A Body Corporate's sinking fund is effectively a deposit which exists to allow a Body Corporate to pay for repairs and maintenance of a building. The money in a sinking fund can be spent on several different things. Firstly, it can be spent on anticipated capital expenditure, or non-recurrent items.
What is a sinking fund quizlet?
1)A sinking fund is a fund established by an economic entity by setting aside revenue over a period of time to fund a future capital expense, or repayment of a long-term debt. 2) To establish a sinking fund, the issuer deposits cash in an account with the trustee.
In accordance with Bye Law No. 13 (C), the General Body can decide the Sinking Fund contribution, subject to the minimum of 0.25% per annum of the construction cost of each flat incurred during the construction of the building of the Society and certified by the Architect, excluding the proportionate cost of the land.
While used by Robert Walpole in 1716 and effectively in the 1720s and early 1730s, it originated in the commercial tax syndicates of the Italian peninsula of the 14th century, where its function was to retire redeemable public debt of those cities.
We Run Societies
one of the member is strong and confirm stating that society can not charge interest on repair fund or sinking fund. Society can charge interest only on government dues (property tax, water tax etc) collected by society.
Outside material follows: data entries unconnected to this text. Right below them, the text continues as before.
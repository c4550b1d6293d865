-- ===== src/Cmd/Setup/Starting.antt =====
-- A server that starts on what the command 'setup' leaves.
use sprintframework.Common.{
  ℕ, ◌≡◌, ◌≢◌, refl, sym, ap, ◌∙◌, arith, inl, inr, Bool-cases, Result-cases,
}
use sprintframework.Common.{true, Option, none, some, List, []}
use sprintframework.Common.{
  Bytes, codes, ◌==◌, bytes_eq, Result, ok, err, ==_of_ne, eq_of_==, ne_of_==,
}
use sprintframework.Common.Dict
use sprintframework.Utils.Tokens.{
  Encoding, Jwt, AuthError, claims_of, has_role, generate_auth_token, verify_auth_token,
}
use sprintframework.Utils.Tokens.Users.{verify-generate_auth_token, recovered, mentions_role}
use sprintframework.Core.Store.{Store, IsLawful}
use sprintframework.Core.ConfigRepository.{Repository, Fault, get, set}
use sprintframework.Core.ConfigRepository.Properties.{get-set}
use sprintframework.Server.Authorization.Start.{post_construct}
use sprintframework.Server.Authorization.FirstToken.{post_construct-later}
use sprintframework.Client.{Failure}
use sprintframework.Cmd.{do_in_core, in_core}
use sprintframework.Cmd.Fallback.{only}
use sprintframework.Cmd.Setup.{
  secret_name, setup_user, Texts, decoded, stored, made, key_of, setup_core, printed, signed, setup,
}

setup_user-mentions :
    (name : Bytes) (now : ℕ) → mentions_role (setup_user name now).roles (codes "ADMIN") ≡ true
unfolding Dict.lookup bytes_eq
setup_user-mentions name now = refl

module _ (C : Encoding) (J : Jwt) (S : Store)
    (texts : Texts (Fault S.Error) C.Error (AuthError J.Error)) where
  -- The repository holds a secret that decodes to the key, and it is the one that was there.
  abbrev Keeps : Repository S → Repository S → Bytes → Bytes → Type 0
  Keeps t u secret key =
      (get S u secret_name ≡ ok secret)
      × (secret ≢ [])
      × (C.decode secret ≡ ok key)
      × ((s : Bytes) → get S t secret_name ≡ ok s → s ≢ [] → s ≡ secret)

  decoded-ok :
      (r : Result C.Error Bytes) (key : Bytes) → decoded C J S texts r ≡ ok key → r ≡ ok key
  unfolding decoded
  decoded-ok (ok k) key h = ground arith
  decoded-ok (err e) key h = absurd (ground arith)

  stored-ok :
      (secret key : Bytes) (p : Option (Fault S.Error) × Repository S × List ℕ) (u : Repository S)
      → stored C J S texts secret p ≡ (ok key, u)
      → (p.0 ≡ none) × (p.1 ≡ u) × (C.decode secret ≡ ok key)
  unfolding stored
  stored-ok secret key (none, v, handles) u h =
      (refl, ap (λ q. q.1) h, decoded-ok (C.decode secret) key (ap (λ q. q.0) h))
  stored-ok secret key (some e, v, handles) u h = absurd (ground arith)

  setup_core-kept :
      (fresh : Result Bytes Bytes) (t u : Repository S) (secret key : Bytes)
      → get S t secret_name ≡ ok secret
      → secret ≢ []
      → setup_core C J S texts fresh t ≡ (ok key, u)
      → Keeps t u secret key
  unfolding setup_core key_of
  setup_core-kept fresh t u secret key g ne h =
      let e : (decoded C J S texts (C.decode secret), t) ≡ (ok key, u) =
        rw (g, key_of, ==_of_ne secret [] ne) at h in
      (
        ap (λ v. get S v secret_name) (sym (ap (λ q. q.1) e)) ∙ g,
        ne,
        decoded-ok (C.decode secret) key (ap (λ q. q.0) e),
        (λ s f n. ground (arith, sym f ∙ g)),
      )

  setup_core-made :
      (t u : Repository S) (secret key : Bytes)
      → IsLawful S
      → secret ≢ []
      → get S t secret_name ≡ ok []
      → setup_core C J S texts (ok secret) t ≡ (ok key, u)
      → Keeps t u secret key
  unfolding setup_core key_of made bytes_eq
  setup_core-made t u secret key L ne g h =
      let e : stored C J S texts secret (set S t secret_name secret) ≡ (ok key, u) =
        rw (g, key_of) at h in
      let (written, same, d) = stored-ok secret key (set S t secret_name secret) u e in
      (
        ap (λ v. get S v secret_name) (sym same) ∙ get-set S L t secret_name secret ne written,
        ne,
        d,
        (λ s f n. absurd (ground (arith, f, g, n))),
      )

  failed_core :
      (e : Failure) (t u : Repository S) (key : Bytes)
      → ◌≡◌ {A = Result Failure Bytes × Repository S} (err e, t) (ok key, u)
      → ⊥
  failed_core e t u key h = absurd (ground arith)

  setup_core-ok :
      (L : IsLawful S) (fresh : Result Bytes Bytes) (t u : Repository S) (key : Bytes)
      → fresh ≢ ok []
      → setup_core C J S texts fresh t ≡ (ok key, u)
      → (secret : Bytes) × Keeps t u secret key
  unfolding setup_core key_of made bytes_eq
  setup_core-ok L fresh t u key ne h = elim (Result-cases (get S t secret_name)) [
    | inr (x, e) ↦ absurd (failed_core _ t u key (rw (e, key_of) at h))
    | inl (s, e) ↦ elim (Bool-cases (s == [])) [
      | inr n ↦ (s, setup_core-kept fresh t u s key e (ne_of_== s [] n) h)
      | inl y ↦
          let g = e ∙ ap (λ v. ok v) (eq_of_== s [] y) in
          elim (Result-cases fresh) [
            | inr (x, f) ↦ absurd (failed_core _ t u key (rw (g, key_of, f, made) at h))
            | inl (v, f) ↦
                (v, setup_core-made t u v key L (λ q. ne (f ∙ ap (λ w. ok w) q)) g (rw f at h))
          ]
    ]
  ]

  signed-ok :
      (boot made_boot auth : Bytes) (account : Result Bytes Bytes) (now : ℕ)
      (r : Result Failure Bytes)
      → signed C J S texts boot account now r ≡ ok (made_boot, auth)
      → (name key : Bytes) × (account ≡ ok name)
        × (r ≡ ok key)
        × (generate_auth_token J (some key) (some (setup_user name now)) ≡ ok auth)
  unfolding signed printed
  signed-ok boot made_boot auth account now (err e) h = absurd (ground arith)
  signed-ok boot made_boot auth (err e) now (ok key) h = absurd (ground arith)
  signed-ok boot made_boot auth (ok name) now (ok key) h =
      elim (Result-cases (generate_auth_token J (some key) (some (setup_user name now)))) [
        | inl (t, e) ↦ (name, key, refl, refl, ground (arith, e, h))
        | inr (x, e) ↦ absurd (ground (arith, e, h))
      ]

  setup-parts :
      (boot fresh account : Result Bytes Bytes) (now : ℕ) (t u : Repository S)
      (made_boot auth : Bytes)
      → setup C J S texts boot fresh account now (only t) ≡ (ok (made_boot, auth), some u)
      → (b : Bytes) × (signed C J S texts b account now (setup_core C J S texts fresh t).0
          ≡ ok (made_boot, auth))
        × ((setup_core C J S texts fresh t).1 ≡ u)
  unfolding setup do_in_core in_core
  setup-parts (err e) fresh account now t u made_boot auth h = absurd (ground arith)
  setup-parts (ok b) fresh account now t u made_boot auth h =
      (b, ap (λ q. q.0) h, ground (arith, ap (λ q. q.1) h))

  -- If 'setup' succeeds on the only core, whose store obeys its laws, and a secret that it makes is
  -- not empty, then the repository that it leaves holds a secret, which is the one that was there
  -- if there was one. A server that starts with that secret has a key without making a token, and
  -- where jwt takes back what it has signed for the user of 'setup', the key verifies the token
  -- that 'setup' exports as one with the role ADMIN.
  pub setup_token_is_admin :
      (E : Type 0) (L : IsLawful S) (boot fresh account : Result Bytes Bytes) (now : ℕ)
      (t u : Repository S) (boot_token auth : Bytes) (set_property : Bytes → Option E)
      (server_account : Result E Bytes) (later : ℕ) (reads : List (Result E Bytes))
      → fresh ≢ ok []
      → ((key name token : Bytes)
          → J.sign key (claims_of (setup_user name now)) ≡ ok token
          → J.parse key token ≡ ok (claims_of (setup_user name now), true))
      → setup C J S texts boot fresh account now (only t) ≡ (ok (boot_token, auth), some u)
      → (secret key name : Bytes) × (get S u secret_name ≡ ok secret)
        × ((s : Bytes) → get S t secret_name ≡ ok s → s ≢ [] → s ≡ secret)
        × (post_construct C J E set_property server_account later reads secret
            ≡ some (ok (key, none)))
        × (account ≡ ok name)
        × (verify_auth_token J (some key) auth ≡ ok (recovered J (setup_user name now) auth))
        × (has_role (recovered J (setup_user name now) auth).roles (codes "ADMIN") ≡ true)
  setup_token_is_admin E L boot fresh account now t u boot_token auth set_property server_account
        later reads ne law h =
      let (b, made_token, left) = setup-parts boot fresh account now t u boot_token auth h in
      let (name, key, named, core, token) =
        signed-ok b boot_token auth account now (setup_core C J S texts fresh t).0 made_token in
      let (secret, kept) = setup_core-ok L fresh t u key ne (λ i. (core i, left i)) in
      let (held, given, decodes, old) = kept in
      let (verified, roles) =
        verify-generate_auth_token J key (setup_user name now) (law key name) token in
      (
        secret,
        key,
        name,
        held,
        old,
        post_construct-later C J E set_property server_account later reads secret key given decodes,
        named,
        verified,
        roles (codes "ADMIN") ∙ setup_user-mentions name now,
      )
Unlike an emergency fund, which covers sudden unexpected expenses, a sinking fund is for the expenses you know are coming in the next few months. Think of it as saving for planned future expenses. You could use a sinking fund for expenses like: Holidays.
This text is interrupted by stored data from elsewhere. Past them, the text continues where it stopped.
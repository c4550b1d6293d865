-- ===== src/Core.antt =====
-- The package sprintcore: the services of the core context.
pub mod Store
pub mod ConfigRepository
pub mod JobService
pub mod Autoupdate
pub mod NodeService
pub mod StorageService
pub mod Logging
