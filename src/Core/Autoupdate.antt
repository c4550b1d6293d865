-- ===== src/Core/Autoupdate.antt =====
-- sprintcore/autoupdate_service.go: restarts when the watched file changes, unless jobs have
-- frozen updates. The clock and the file system are what each event brings along; the calls of
-- `time.AfterFunc` that wait are the timers, each with the time stamp that it has captured.
pub mod Freezing
pub mod Runs
use sprintframework.Common.{
  ℕ, ◌+◌, ◌%◌, ◌^◌, Bool, true, false, not, ◌&&◌, ◌||◌, Option, none, some, List, [], ◌∷◌, ◌++◌,
}
use sprintframework.Common.{Bytes, ◌==◌, nat_eq, bytes_eq, if◌then◌else◌, ltb, contains}
use sprintframework.Common.Dict
use sprintframework.Common.Dict.{Dict}

-- `fileInformation`, with times in nanoseconds.
pub record FileInformation : Type 0 where
  pub name : Bytes
  pub size : ℕ
  pub mod_time : ℕ

pub record Autoupdate : Type 0 where
  pub cache_stat : FileInformation
  pub trigger_update_timestamp : ℕ
  pub freeze_next_id : ℕ
  pub freeze_map : Dict ℕ Bytes
  pub trigger_after_unfreeze : Bool
  pub timers : List ℕ
  -- the argument of the call of `Application.Shutdown`, if there was one
  pub shutdown : Option Bool

-- The service behind `doStart`, which has cached the file's state.
unfoldable pub started : FileInformation → Autoupdate
started stat = record {
  cache_stat = stat;
  trigger_update_timestamp = 0;
  freeze_next_id = 0;
  freeze_map = [];
  trigger_after_unfreeze = false;
  timers = [];
  shutdown = none;
}

-- `Freeze`
unfoldable pub freeze : Bytes → Autoupdate → ℕ × Autoupdate
freeze job_name t =
    let id = (t.freeze_next_id + 1) % 2 ^ 64 in
    (id, record t { freeze_next_id = id; freeze_map = Dict.insert id job_name t.freeze_map })

-- `FreezeJobs`
unfoldable pub freeze_jobs : Autoupdate → Dict ℕ Bytes
freeze_jobs t = t.freeze_map

-- `hasFreezeJob`
abbrev pub has_freeze_job : Autoupdate → Bool
has_freeze_job t = elim t.freeze_map [ [] ↦ false | _ ∷ _ ↦ true ]

unfoldable pub schedule : ℕ → Autoupdate → Autoupdate
schedule now t = record t { trigger_update_timestamp = now; timers = t.timers ++ (now ∷ []) }

-- `triggerUpdate` at the time `now`, with its second look at the frozen jobs.
unfoldable pub trigger_update : ℕ → Autoupdate → Autoupdate
unfolding schedule
trigger_update now t =
    if has_freeze_job t
    then (let u = record t { trigger_after_unfreeze = true } in
        if has_freeze_job u then u else schedule now u)
    else schedule now t

-- `Unfreeze`
unfoldable pub unfreeze : ℕ → ℕ → Autoupdate → Autoupdate
unfreeze now handle t =
    let u = record t { freeze_map = Dict.erase handle t.freeze_map } in
    if not (has_freeze_job u) && u.trigger_after_unfreeze then trigger_update now u else u

-- The operations of fsnotify. `other` is any that is not exactly a creation or a write.
pub data FileOp : Type 0 where
  create write other : FileOp

abbrev pub is_change : FileOp → Bool
is_change create = true
is_change write = true
is_change other = false

-- `onEvent`, over what `os.Stat` gives for the event's name: its size and its time, or none.
unfoldable pub on_event : ℕ → FileOp → Bytes → Option (ℕ × ℕ) → Autoupdate → Autoupdate
on_event now op name stat t =
    if is_change op
    then elim stat [
      | none ↦ t
      | some (size, mod_time) ↦
          if t.cache_stat.name == name
          then if not (size == t.cache_stat.size) || ltb t.cache_stat.mod_time mod_time
            then trigger_update now t
            else t
          else t
    ]
    else t

-- The function of a timer, over the test whether the file is locked.
unfoldable pub fire : ℕ → Bool → ℕ → Autoupdate → Autoupdate
fire now locked current t =
    if t.trigger_update_timestamp == current
    then if locked then trigger_update now t else record t { shutdown = some true }
    else t

remove_timer : ℕ → List ℕ → List ℕ
remove_timer n [] = []
remove_timer n (m ∷ ms) = if n == m then ms else m ∷ remove_timer n ms

-- What happens to the service, one event after the other.
pub data Event : Type 0 where
  froze : Bytes → Event
  unfroze : ℕ → ℕ → Event
  file_changed : ℕ → FileOp → Bytes → Option (ℕ × ℕ) → Event
  timer : ℕ → Bool → ℕ → Event

unfoldable pub step : Event → Autoupdate → Autoupdate
unfolding remove_timer
step (froze job_name) t = (freeze job_name t).1
step (unfroze now handle) t = unfreeze now handle t
step (file_changed now op name stat) t = on_event now op name stat t
step (timer now locked current) t =
    if contains t.timers current
    then fire now locked current (record t { timers = remove_timer current t.timers })
    else t

unfoldable pub steps : List Event → Autoupdate → Autoupdate
steps [] t = t
steps (e ∷ es) t = steps es (step e t)
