-- ===== src/Core/Autoupdate/Freezing.antt =====
-- Frozen jobs put an update off, and the last of them lets it happen.
use sprintframework.Common.{
  ℕ, ◌+◌, ◌%◌, ◌^◌, Bool, true, false, some, [], ◌∷◌, ◌≡◌, ◌≢◌, refl, ap, ◌∙◌, arith,
}
use sprintframework.Common.{Bytes, ◌==◌, ==_self, nat_eq, inl, inr, Bool-cases}
use sprintframework.Common.Dict
use sprintframework.Common.Dict.{Dict}
use sprintframework.Core.Autoupdate.{
  Autoupdate, freeze, has_freeze_job, schedule, trigger_update, fire,
}

-- While a job is frozen, a change only leaves a mark: no timer starts and no stamp is set.
pub trigger_update_frozen :
    (now : ℕ) (t : Autoupdate)
    → has_freeze_job t ≡ true
    → trigger_update now t ≡ record t { trigger_after_unfreeze = true }
unfolding trigger_update
trigger_update_frozen now t h = ground arith

trigger_update_free :
    (now : ℕ) (t : Autoupdate) → has_freeze_job t ≡ false → trigger_update now t ≡ schedule now t
unfolding trigger_update
trigger_update_free now t h = ground arith

insert-has_freeze_job :
    (h : ℕ) (name : Bytes) (d : Dict ℕ Bytes) (t : Autoupdate)
    → has_freeze_job (record t { freeze_map = Dict.insert h name d }) ≡ true
unfolding Dict.insert
insert-has_freeze_job h name [] t = refl
insert-has_freeze_job h name ((k, _) ∷ _) t = elim (Bool-cases (h == k)) [
  | inl e ↦ rw e
  | inr e ↦ rw e
]

freeze-has_freeze_job :
    (job_name : Bytes) (t : Autoupdate) → has_freeze_job (freeze job_name t).1 ≡ true
unfolding freeze
freeze-has_freeze_job job_name t =
    insert-has_freeze_job ((t.freeze_next_id + 1) % 2 ^ 64) job_name t.freeze_map
      (record t { freeze_next_id = (t.freeze_next_id + 1) % 2 ^ 64 })

freeze-trigger_update_timestamp :
    (job_name : Bytes) (t : Autoupdate)
    → (freeze job_name t).1.trigger_update_timestamp ≡ t.trigger_update_timestamp
unfolding freeze
freeze-trigger_update_timestamp job_name t = refl

fire_current :
    (later stamp : ℕ) (t : Autoupdate)
    → t.trigger_update_timestamp ≡ stamp
    → (fire later false stamp t).shutdown ≡ some true
unfolding fire
fire_current later stamp t e = rw (e, ==_self stamp)

schedule-stamp : (now : ℕ) (t : Autoupdate) → (schedule now t).trigger_update_timestamp ≡ now
unfolding schedule
schedule-stamp now t = refl

-- A job that is frozen once the timer runs does not hold the update up: the timer does not look
-- at the frozen jobs.
pub freeze_too_late :
    (now later : ℕ) (job_name : Bytes) (t : Autoupdate)
    → has_freeze_job t ≡ false
    → let u = (freeze job_name (trigger_update now t)).1 in
      (has_freeze_job u ≡ true) × ((fire later false now u).shutdown ≡ some true)
freeze_too_late now later job_name t h = (
  freeze-has_freeze_job job_name (trigger_update now t),
  fire_current later now (freeze job_name (trigger_update now t)).1 (
      freeze-trigger_update_timestamp job_name (trigger_update now t)
      ∙ ap (λ u. u.trigger_update_timestamp) (trigger_update_free now t h)
      ∙ schedule-stamp now t),
)

-- Only the timer that was started last acts: any earlier one finds another stamp and does
-- nothing.
pub fire_stale :
    (now later : ℕ) (locked : Bool) (stamp : ℕ) (t : Autoupdate)
    → has_freeze_job t ≡ false
    → stamp ≢ now
    → fire later locked stamp (trigger_update now t) ≡ trigger_update now t
unfolding fire trigger_update schedule
fire_stale now later locked stamp t h ne = ground arith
When a firm wants to buy back a bond, it uses a purchase back sinking fund. A bond can be purchased from bondholders at two different prices: market price and sinking fund price. A regular payment sinking fund is used to pay the trustee and other creditors on a regular basis.
A sinking fund is a type of fund that is created and set up purposely for repaying debt. The owner of the account sets aside a certain amount of money regularly and uses it only for a specific purpose.
Mandatory Sinking Fund Requirements means amounts required by proceedings to be deposited in a year or fiscal year in a bond retirement fund for the purpose of paying the principal of securities that is due and payable in a subsequent year or fiscal year.
A capital works fund (previously called a 'sinking fund') is used to pay for capital expenses when they happen. Capital expenses include: painting or repainting common property. replacing or repairing the common property.
Answer and Explanation: The following statements are correct: c. Sinking fund provisions sometimes turn out to adversely affect bondholders, and this is most likely to occur...
What is the sinking fund factor How and why is it used quizlet?
How and why is it used? A sinking-fund factor is the reciprocal of interest factors for compounding annuities. These factors are used to determine the amount of each payment in a series needed to accumulate a specified sum at a given time. To this end, the specified sum is multiplied by the sinking-fund factor.
Terms in this set (16)
A sinking fund typically requires no call premium. provision that requires the corporation to retire a portion of the bond issue each year. The purpose of the sinking fund is to provide for the orderly retirement of the issue. A sinking fund typically requires no call premium.